__Work to be completed__: Which lines of the records contain the word "follows"? Copy each one.

__Working data__:
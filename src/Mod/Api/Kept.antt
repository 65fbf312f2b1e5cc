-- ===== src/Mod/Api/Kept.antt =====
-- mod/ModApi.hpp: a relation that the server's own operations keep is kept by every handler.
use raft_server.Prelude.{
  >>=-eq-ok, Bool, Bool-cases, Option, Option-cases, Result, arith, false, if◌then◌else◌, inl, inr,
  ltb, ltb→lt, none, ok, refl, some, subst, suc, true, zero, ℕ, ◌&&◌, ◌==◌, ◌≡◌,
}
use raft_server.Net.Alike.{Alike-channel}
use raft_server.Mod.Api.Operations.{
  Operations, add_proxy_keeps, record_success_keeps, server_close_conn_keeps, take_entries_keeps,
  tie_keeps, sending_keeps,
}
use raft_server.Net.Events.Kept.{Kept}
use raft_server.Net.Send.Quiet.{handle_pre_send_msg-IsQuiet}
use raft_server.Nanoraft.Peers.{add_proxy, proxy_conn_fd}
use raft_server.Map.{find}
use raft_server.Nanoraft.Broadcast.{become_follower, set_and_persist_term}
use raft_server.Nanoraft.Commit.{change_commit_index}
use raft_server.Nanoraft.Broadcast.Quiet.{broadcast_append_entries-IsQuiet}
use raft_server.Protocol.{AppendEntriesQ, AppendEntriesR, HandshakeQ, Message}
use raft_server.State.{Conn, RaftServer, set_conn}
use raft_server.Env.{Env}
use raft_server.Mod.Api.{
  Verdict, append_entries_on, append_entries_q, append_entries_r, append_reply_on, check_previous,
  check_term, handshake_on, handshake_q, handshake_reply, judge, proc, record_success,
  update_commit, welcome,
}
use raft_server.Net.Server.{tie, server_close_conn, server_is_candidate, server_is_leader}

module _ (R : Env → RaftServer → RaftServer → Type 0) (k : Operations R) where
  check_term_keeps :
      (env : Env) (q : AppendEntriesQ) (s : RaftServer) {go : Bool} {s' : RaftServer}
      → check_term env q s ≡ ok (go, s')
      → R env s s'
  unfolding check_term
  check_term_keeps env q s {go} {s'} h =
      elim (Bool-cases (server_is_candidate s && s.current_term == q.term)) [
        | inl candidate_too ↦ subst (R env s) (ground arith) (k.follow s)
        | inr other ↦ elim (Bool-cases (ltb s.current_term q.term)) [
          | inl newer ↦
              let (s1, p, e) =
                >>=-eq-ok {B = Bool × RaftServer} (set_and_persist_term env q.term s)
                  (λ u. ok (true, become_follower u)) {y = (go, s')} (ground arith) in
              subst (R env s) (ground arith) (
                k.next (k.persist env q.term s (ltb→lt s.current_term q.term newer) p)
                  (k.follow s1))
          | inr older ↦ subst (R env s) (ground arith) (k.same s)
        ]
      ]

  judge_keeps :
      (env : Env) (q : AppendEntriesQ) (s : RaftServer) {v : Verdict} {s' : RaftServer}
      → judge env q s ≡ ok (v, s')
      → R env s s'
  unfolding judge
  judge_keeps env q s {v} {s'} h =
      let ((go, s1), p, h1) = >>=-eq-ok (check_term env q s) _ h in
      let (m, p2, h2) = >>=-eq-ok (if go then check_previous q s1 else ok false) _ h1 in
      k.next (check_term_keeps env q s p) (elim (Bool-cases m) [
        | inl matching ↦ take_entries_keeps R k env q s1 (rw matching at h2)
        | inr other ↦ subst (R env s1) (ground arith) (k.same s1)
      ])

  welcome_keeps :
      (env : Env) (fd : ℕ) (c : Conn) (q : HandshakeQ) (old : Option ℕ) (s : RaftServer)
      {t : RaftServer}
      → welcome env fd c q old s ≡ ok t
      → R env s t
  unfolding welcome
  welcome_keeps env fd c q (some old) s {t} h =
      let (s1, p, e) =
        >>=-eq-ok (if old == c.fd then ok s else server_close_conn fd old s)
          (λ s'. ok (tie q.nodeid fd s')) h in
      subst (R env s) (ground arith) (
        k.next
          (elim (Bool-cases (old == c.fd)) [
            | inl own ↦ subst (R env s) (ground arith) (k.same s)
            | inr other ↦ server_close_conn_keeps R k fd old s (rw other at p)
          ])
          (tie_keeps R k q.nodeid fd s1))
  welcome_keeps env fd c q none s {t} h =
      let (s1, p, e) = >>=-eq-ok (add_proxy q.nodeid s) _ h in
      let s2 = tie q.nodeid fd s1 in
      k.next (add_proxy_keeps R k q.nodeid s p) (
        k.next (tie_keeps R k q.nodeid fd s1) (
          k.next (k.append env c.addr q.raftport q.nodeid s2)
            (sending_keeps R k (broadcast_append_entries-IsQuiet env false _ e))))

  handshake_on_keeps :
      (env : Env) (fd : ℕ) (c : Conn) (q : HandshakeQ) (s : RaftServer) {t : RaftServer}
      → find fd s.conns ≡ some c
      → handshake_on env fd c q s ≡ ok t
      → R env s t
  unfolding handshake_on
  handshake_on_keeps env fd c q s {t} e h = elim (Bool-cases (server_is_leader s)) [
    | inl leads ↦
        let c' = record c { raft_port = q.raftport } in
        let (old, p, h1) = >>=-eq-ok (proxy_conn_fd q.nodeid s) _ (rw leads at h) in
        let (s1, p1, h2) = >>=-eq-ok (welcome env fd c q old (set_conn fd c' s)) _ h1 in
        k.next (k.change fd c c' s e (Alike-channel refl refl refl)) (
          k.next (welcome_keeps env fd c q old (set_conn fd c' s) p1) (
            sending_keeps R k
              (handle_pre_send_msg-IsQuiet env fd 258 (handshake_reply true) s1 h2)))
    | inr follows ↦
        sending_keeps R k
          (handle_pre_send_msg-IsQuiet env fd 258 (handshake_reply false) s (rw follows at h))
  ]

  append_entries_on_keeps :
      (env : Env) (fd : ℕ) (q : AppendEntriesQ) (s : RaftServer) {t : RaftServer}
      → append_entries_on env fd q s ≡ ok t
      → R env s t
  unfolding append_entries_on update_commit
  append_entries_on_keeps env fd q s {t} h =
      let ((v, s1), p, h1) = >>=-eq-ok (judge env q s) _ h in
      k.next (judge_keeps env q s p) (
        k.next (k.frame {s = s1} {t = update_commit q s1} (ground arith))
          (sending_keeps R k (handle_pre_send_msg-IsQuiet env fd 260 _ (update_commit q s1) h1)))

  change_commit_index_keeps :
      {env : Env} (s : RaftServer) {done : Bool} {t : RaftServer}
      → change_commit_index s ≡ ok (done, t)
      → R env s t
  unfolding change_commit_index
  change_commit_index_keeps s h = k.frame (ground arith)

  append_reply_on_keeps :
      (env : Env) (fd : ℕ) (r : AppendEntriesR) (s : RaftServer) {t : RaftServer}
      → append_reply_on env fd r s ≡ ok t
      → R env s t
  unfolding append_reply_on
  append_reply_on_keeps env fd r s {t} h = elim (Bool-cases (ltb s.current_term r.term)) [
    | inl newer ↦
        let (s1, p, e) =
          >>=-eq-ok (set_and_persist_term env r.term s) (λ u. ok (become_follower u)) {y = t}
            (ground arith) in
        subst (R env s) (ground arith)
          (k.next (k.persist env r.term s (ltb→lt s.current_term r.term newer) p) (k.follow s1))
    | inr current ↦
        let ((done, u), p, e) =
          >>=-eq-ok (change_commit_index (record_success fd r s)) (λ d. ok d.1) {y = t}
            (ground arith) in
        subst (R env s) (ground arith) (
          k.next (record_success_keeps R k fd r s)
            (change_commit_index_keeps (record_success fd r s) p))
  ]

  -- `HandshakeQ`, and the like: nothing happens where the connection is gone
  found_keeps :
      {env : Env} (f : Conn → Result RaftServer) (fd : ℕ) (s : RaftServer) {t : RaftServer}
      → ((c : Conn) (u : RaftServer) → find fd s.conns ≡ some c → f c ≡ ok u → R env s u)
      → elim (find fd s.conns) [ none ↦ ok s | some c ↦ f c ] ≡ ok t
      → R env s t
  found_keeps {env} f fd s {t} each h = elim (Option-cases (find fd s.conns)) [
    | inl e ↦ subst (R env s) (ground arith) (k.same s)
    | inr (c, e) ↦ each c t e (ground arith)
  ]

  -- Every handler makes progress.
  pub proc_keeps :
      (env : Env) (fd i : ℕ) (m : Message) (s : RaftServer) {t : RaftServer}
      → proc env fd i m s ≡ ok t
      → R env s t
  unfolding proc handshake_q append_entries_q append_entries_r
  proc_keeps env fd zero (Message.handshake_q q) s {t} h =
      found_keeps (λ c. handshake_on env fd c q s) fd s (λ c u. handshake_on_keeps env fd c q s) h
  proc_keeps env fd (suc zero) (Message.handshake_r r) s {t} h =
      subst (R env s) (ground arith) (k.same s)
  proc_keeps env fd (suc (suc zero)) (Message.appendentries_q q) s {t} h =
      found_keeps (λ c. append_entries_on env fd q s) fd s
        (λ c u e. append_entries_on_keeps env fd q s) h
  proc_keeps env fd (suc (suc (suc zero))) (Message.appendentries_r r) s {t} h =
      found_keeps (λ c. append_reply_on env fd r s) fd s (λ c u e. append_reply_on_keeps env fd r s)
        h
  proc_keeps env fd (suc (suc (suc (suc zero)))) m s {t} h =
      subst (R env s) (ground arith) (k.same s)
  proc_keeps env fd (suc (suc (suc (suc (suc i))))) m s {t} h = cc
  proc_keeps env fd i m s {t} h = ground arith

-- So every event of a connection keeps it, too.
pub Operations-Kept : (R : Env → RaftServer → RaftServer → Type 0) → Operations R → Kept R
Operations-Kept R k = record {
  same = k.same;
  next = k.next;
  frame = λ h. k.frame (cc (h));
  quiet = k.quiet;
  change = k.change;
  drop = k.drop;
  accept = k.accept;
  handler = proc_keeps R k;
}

__Expected answer__:
    | inr follows ↦
          (handle_pre_send_msg-IsQuiet env fd 258 (handshake_reply false) s (rw follows at h))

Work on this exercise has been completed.